- Born: December 2, 1912 Lviv, Russian Empire (now Ukraine)
- Died: July 7, 1985 (aged 72)
- Occupation: Bandurist

= Volodymyr Yurkevych =

Volodymyr Ivanovych Yurkevych (Note: Володимир Іванович Юркевич) (December 2, 1912 in Lviv - July 7, 1985) was a Ukrainian-American bandurist.

He met up with Yuri Singalevych and began to take lessons from him. Together with Zinoviy Shtokalko they organized a bandura trio. Later they were joined by Stepan Hanushevsky and Semen Lastovych.
His original bandura was made for him by S. Lastovych based on an instrument made by Kost Misevych.

During the war he enlisted into the 1st Ukrainian Division and fought at Brody. Later he joined the Ukrainian Insurgent Army.
In Germany he performed in a trio with Volodymyr Maliutsa and Zinoviy Shtokalko.
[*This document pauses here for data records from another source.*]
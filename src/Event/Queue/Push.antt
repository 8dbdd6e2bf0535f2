-- ===== src/Event/Queue/Push.antt =====
-- `push` on the ring does what it does on the list.
use qaiosplus.Base.{
  ℕ, zero, suc, ◌+◌, ◌-◌, ◌%◌, ◌≤◌, ◌<◌, ◌≡◌, ◌≢◌, refl, ap, ap₂, sym, ◌∙◌, subst, true, false,
  ◌||◌, [], ◌∷◌, ◌++◌, arith, ltb, leb, ◌==◌, if◌then◌else◌, update, length, tabulate, tabulate_ext,
  tabulate_snoc, Bool-cases, inl, inr, ◌⊎◌, ==→eq, ==-false→ne, ltb→lt,
}
use qaiosplus.Event.{Event}
use qaiosplus.Event.Queue.{
  EventQueue, max_events, find_index, find_insert_index, shift, push_at, insert_at, push, is_full,
}
use qaiosplus.Event.Queue.Ring.{at_distance, contents, IsValid, at_distance-update, length-contents}
use qaiosplus.Event.Queue.Order.{
  is_lower, insert_by, insert_by-tabulate, enqueue, sorted, rank, of_rank, enqueue-of_rank,
}

-- Where `findInsertIndex` stops, as a distance from the head.
record Found (q : EventQueue) (e : Event) (j n : ℕ) (index : ℕ) : Type 0 where
  k : ℕ
  from : j ≤ k
  upto : k ≤ n
  place : index ≡ (q.head + k) % max_events
  before : (i : ℕ) → j ≤ i → i < k → is_lower e (at_distance q.events q.head i) ≡ false
  here : (k ≡ n) ⊎ (is_lower e (at_distance q.events q.head k) ≡ true)

find_index-Found :
    (rounds j n : ℕ) (q : EventQueue) (e : Event)
    → j + rounds ≡ n
    → q.tail ≡ (q.head + n) % max_events
    → Found q e j n (find_index rounds ((q.head + j) % max_events) q e.priority)
unfolding find_index
find_index-Found zero j n q e s t = record {
  k = n;
  from = omega arith;
  upto = omega arith;
  place = t;
  before = λ i a b. absurd (omega arith);
  here = inl refl;
}
find_index-Found (suc r) j n q e s t =
    elim (Bool-cases (is_lower e (at_distance q.events q.head j))) [
      | inl low ↦ rw low (record {
        k = j;
        from = omega arith;
        upto = omega arith;
        place = refl;
        before = λ i a b. absurd (omega arith);
        here = inr low;
      })
      | inr high ↦
          let next : (q.head + (j + 1)) % 256 ≡ ((q.head + j) % 256 + 1) % 256 = omega arith in
          let f =
            subst (λ c. Found q e (j + 1) n (find_index r c q e.priority)) next
              (find_index-Found r (j + 1) n q e (omega arith) t) in
          rw high (record {
            k = f.k;
            from = omega (arith, f.from);
            upto = f.upto;
            place = f.place;
            before = λ i a b. elim (Bool-cases (j == i)) [
              | inl same ↦ let eq : j ≡ i = ==→eq j i same in rw (← eq) high
              | inr other ↦ f.before i (ground arith) b
            ];
            here = f.here;
          })
    ]

-- `shift` moves the entries at the distances `k` to `c - 1` one cell on, and no others.
shift_distance :
    (fuel c k h : ℕ) (events : ℕ → Event) (i : ℕ)
    → k ≤ c
    → c < max_events
    → c ≤ k + fuel
    → i < max_events
    → at_distance (shift fuel ((h + c) % max_events) ((h + k) % max_events) events) h i ≡ (
        if ltb k i
        then (if leb i c then at_distance events h (i - 1) else at_distance events h i)
        else at_distance events h i)
unfolding shift
shift_distance zero c k h events i kc cm cf im = ground arith
shift_distance (suc fuel) c k h events i kc cm cf im =
    elim (Bool-cases ((h + c) % 256 == (h + k) % 256)) [
      | inl done ↦
          let eq : c ≡ k = omega (arith, ==→eq ((h + c) % 256) ((h + k) % 256) done) in
          rw done (ground arith)
      | inr more ↦
          let kc' = differ (==-false→ne ((h + c) % 256) ((h + k) % 256) more) in
          let back : (if (h + c) % 256 == 0 then 255 else (h + c) % 256 - 1) ≡ (h + (c - 1)) % 256 =
            ground arith in
          let cell = events ((h + (c - 1)) % 256) in
          rw (more, back)
            (ground (
              arith,
              shift_distance fuel (c - 1) k h (update events ((h + c) % 256) cell) i,
              at_distance-update events h c i cell,
              at_distance-update events h c (i - 1) cell,
            ))
    ]
  where
    differ : (h + c) % 256 ≢ (h + k) % 256 → k < c
    differ ne = elim (Bool-cases (c == k)) [
      | inl same ↦ absurd (ne (ap (λ x. (h + x) % 256) (==→eq c k same)))
      | inr other ↦ ground arith
    ]

-- The list after the insertion of `e` at distance `k`.
insert_at_distance :
    (q : EventQueue) (e : Event) (k : ℕ)
    → IsValid q
    → q.count < max_events
    → k ≤ q.count
    → ((i : ℕ) → 0 ≤ i → i < k → is_lower e (at_distance q.events q.head i) ≡ false)
    → ((k ≡ q.count) ⊎ (is_lower e (at_distance q.events q.head k) ≡ true))
    → contents (insert_at q e ((q.head + k) % max_events)) ≡ insert_by e (contents q)
unfolding insert_at push_at
insert_at_distance q e k v room kn before here =
    let more : q.count + 1 ≡ suc q.count = omega arith in
    ap (tabulate (at_distance after q.head)) more
    ∙ sym (
        insert_by-tabulate k q.count (at_distance q.events q.head) (at_distance after q.head) e kn
          (λ i h. before i (omega arith) h) here (λ i h. ground (arith, after_at i (omega arith)))
          (ground (arith, after_at k (omega arith)))
          (λ i a h.
            ground (
              arith,
              after_at (suc i) (omega arith),
              ap (at_distance q.events q.head) (pred_suc i),
            )))
  where
    moved : ℕ → Event
    moved =
        if (q.head + k) % 256 == q.tail
        then q.events
        else shift 256 q.tail ((q.head + k) % 256) q.events

    after : ℕ → Event
    after = update moved ((q.head + k) % 256) e

    pred_suc : (i : ℕ) → suc i - 1 ≡ i
    pred_suc i = omega arith

    moved_at :
        (i : ℕ)
        → i < 256
        → i ≢ k
        → at_distance moved q.head i ≡ (
            if ltb k i
            then (if leb i q.count
                then at_distance q.events q.head (i - 1)
                else at_distance q.events q.head i)
            else at_distance q.events q.head i)
    moved_at i h ne = elim (Bool-cases ((q.head + k) % 256 == q.tail)) [
      | inl last ↦
          let eq : k ≡ q.count = omega (arith, ==→eq ((q.head + k) % 256) q.tail last, v.tail_at) in
          rw last (ground arith)
      | inr inner ↦
          let moves = shift_distance 256 q.count k q.head q.events i kn room (omega arith) h in
          rw inner (
            subst
              (λ t. at_distance (shift 256 t ((q.head + k) % 256) q.events) q.head i ≡ (
                if ltb k i
                then (if leb i q.count
                    then at_distance q.events q.head (i - 1)
                    else at_distance q.events q.head i)
                else at_distance q.events q.head i))
              (sym v.tail_at) moves)
    ]

    after_at :
        (i : ℕ)
        → i < 256
        → at_distance after q.head i ≡ (
            if i == k
            then e
            else if ltb k i
            then (if leb i q.count
                then at_distance q.events q.head (i - 1)
                else at_distance q.events q.head i)
            else at_distance q.events q.head i)
    after_at i h = ground (arith, at_distance-update moved q.head k i e, moved_at i h)

append_at_tail :
    (q : EventQueue) (e : Event)
    → IsValid q
    → q.count < max_events
    → contents (push_at q e q.tail q.events) ≡ contents q ++ (e ∷ [])
unfolding push_at
append_at_tail q e v room =
    let more : q.count + 1 ≡ suc q.count = omega arith in
    ap (tabulate (at_distance after q.head)) more
    ∙ tabulate_snoc (at_distance after q.head) q.count
    ∙ ap₂ (λ xs x. xs ++ (x ∷ []))
        (tabulate_ext (at_distance after q.head) (at_distance q.events q.head) q.count
          (λ i h. ground (arith, after_at i (omega arith))))
        (ground (arith, after_at q.count (omega arith)))
  where
    after : ℕ → Event
    after = update q.events q.tail e

    after_at :
        (i : ℕ)
        → i < 256
        → at_distance after q.head i ≡ (if i == q.count then e else at_distance q.events q.head i)
    after_at i h =
        subst
          (λ t.
            at_distance (update q.events t e) q.head i
            ≡ (if i == q.count then e else at_distance q.events q.head i))
          (sym v.tail_at) (at_distance-update q.events q.head q.count i e (omega arith) h)

insert_in_order :
    (q : EventQueue) (e : Event)
    → IsValid q
    → q.count < max_events
    → contents (insert_at q e (find_insert_index q e.priority)) ≡ insert_by e (contents q)
unfolding find_insert_index
insert_in_order q e v room =
    let start : (q.head + 0) % 256 ≡ q.head = omega (arith, v.head_in) in
    let f =
      subst (λ c. Found q e 0 q.count (find_index q.count c q e.priority)) start
        (find_index-Found q.count 0 q.count q e (omega arith) v.tail_at) in
    rw f.place (insert_at_distance q e f.k v room f.upto f.before f.here)

push_full : (q : EventQueue) (e : Event) → IsValid q → max_events ≤ q.count → push q e ≡ (q, false)
unfolding push is_full
push_full q e v h = let f : leb 256 q.count ≡ true = ground arith in rw (v.started, f)

push_append :
    (q : EventQueue) (e : Event)
    → IsValid q
    → q.count < max_events
    → ((q.count == 0) || leb e.priority 1) ≡ true
    → push q e ≡ (push_at q e q.tail q.events, true)
unfolding push is_full
push_append q e v h t = let f : leb 256 q.count ≡ false = ground arith in rw (v.started, f, t)

push_insert :
    (q : EventQueue) (e : Event)
    → IsValid q
    → q.count < max_events
    → ((q.count == 0) || leb e.priority 1) ≡ false
    → push q e ≡ (insert_at q e (find_insert_index q e.priority), true)
unfolding push is_full
push_insert q e v h t = let f : leb 256 q.count ≡ false = ground arith in rw (v.started, f, t)

append_enqueue :
    (q : EventQueue) (e : Event)
    → ((q.count == 0) || leb e.priority 1) ≡ true
    → contents q ++ (e ∷ []) ≡ enqueue e (contents q)
unfolding enqueue insert_by
append_enqueue q e t = elim (Bool-cases (leb e.priority 1)) [
  | inl l ↦ rw (l, enqueue)
  | inr l ↦
      let none_left : q.count ≡ 0 = ground arith in
      let empty : contents q ≡ [] = ap (tabulate (at_distance q.events q.head)) none_left in
      rw (l, empty)
]

-- `push` on a valid queue, by what it holds and answers.
pub push-contents :
    (q : EventQueue) (e : Event)
    → IsValid q
    → (contents (push q e).0
        ≡ (if ltb (length (contents q)) max_events then enqueue e (contents q) else contents q))
      × ((push q e).1 ≡ ltb (length (contents q)) max_events)
unfolding enqueue
push-contents q e v = rw (length-contents q) (elim (Bool-cases (ltb q.count 256)) [
  | inr full ↦ rw (push_full q e v (ground arith), full) (refl, refl)
  | inl room ↦ elim (Bool-cases ((q.count == 0) || leb e.priority 1)) [
    | inl t ↦
        rw (push_append q e v (ground arith) t, room)
          (append_at_tail q e v (ground arith) ∙ append_enqueue q e t, refl)
    | inr t ↦
        let high : leb e.priority 1 ≡ false = ground arith in
        rw (push_insert q e v (ground arith) t, room)
          (rw high (insert_in_order q e v (ground arith)), refl)
  ]
])

-- `push` keeps the queue valid.
pub push-IsValid : (q : EventQueue) (e : Event) → IsValid q → IsValid (push q e).0
unfolding push is_full insert_at push_at
push-IsValid q e v = record {
  started = ground arith;
  head_in = ground arith;
  count_in = ground arith;
  tail_at = ground arith;
}

-- `push` on a valid queue changes nothing at all and answers `false` where 256 events are queued. Else
-- it answers `true` and leaves a valid queue, which holds the event behind all those of its priority
-- or above if its priority is above `Normal`, and at the end if not.
pub push_refines :
    (q : EventQueue) (e : Event)
    → IsValid q
    → ((max_events ≤ length (contents q)) × (push q e ≡ (q, false)))
      ⊎ ((length (contents q) < max_events)
          × IsValid (push q e).0
          × (contents (push q e).0 ≡ enqueue e (contents q))
          × ((push q e).1 ≡ true))
push_refines q e v =
    let c = push-contents q e v in
    elim (Bool-cases (ltb (length (contents q)) 256)) [
      | inr full ↦
          let many : 256 ≤ length (contents q) = ground (arith, full) in
          inl (many, push_full q e v (omega (arith, many, length-contents q)))
      | inl room ↦ inr (
        ltb→lt (length (contents q)) 256 room,
        push-IsValid q e v,
        rw room at c.0,
        rw room at c.1,
      )
    ]

-- `push` onto a queue that has room and is in order puts the event last among those of its rank, and
-- keeps the order of the others within each rank.
pub push_fifo :
    (q : EventQueue) (e : Event) (n : ℕ)
    → IsValid q
    → sorted (contents q) ≡ true
    → q.count < max_events
    → of_rank n (contents (push q e).0)
      ≡ (if rank e == n then of_rank n (contents q) ++ (e ∷ []) else of_rank n (contents q))
push_fifo q e n v s room =
    let fits : ltb (length (contents q)) 256 ≡ true = rw (length-contents q) (ground arith) in
    rw ((push-contents q e v).0, fits) (enqueue-of_rank n e (contents q) s)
Later he joined an ensemble with D. Kravchenko and Hryhory Bazhul.

In 1950 he emigrated the United States.
He performed in an ensemble directed by S. Hanushevsky which recorded an album of UPA songs in 1952.
In 1972 he organized a Bandurist Capella made up of members of the First Ukrainian Division who lived in NY.
He also performed in a quartet with Roman Levytsky.
He moved to New York City, where he became director of the New York School of Bandura.
He played on a bandura made by Vasyl' Hlad from Gloucester.

He died July 7, 1985.

==Students==
Andrij Horniatkevych, A. Stusyk, V. Kovar, M. Stocko

==Sources==
- U pamiati bandurysta Volodymyra Yurkevycha - Bandura 53-54, 1995.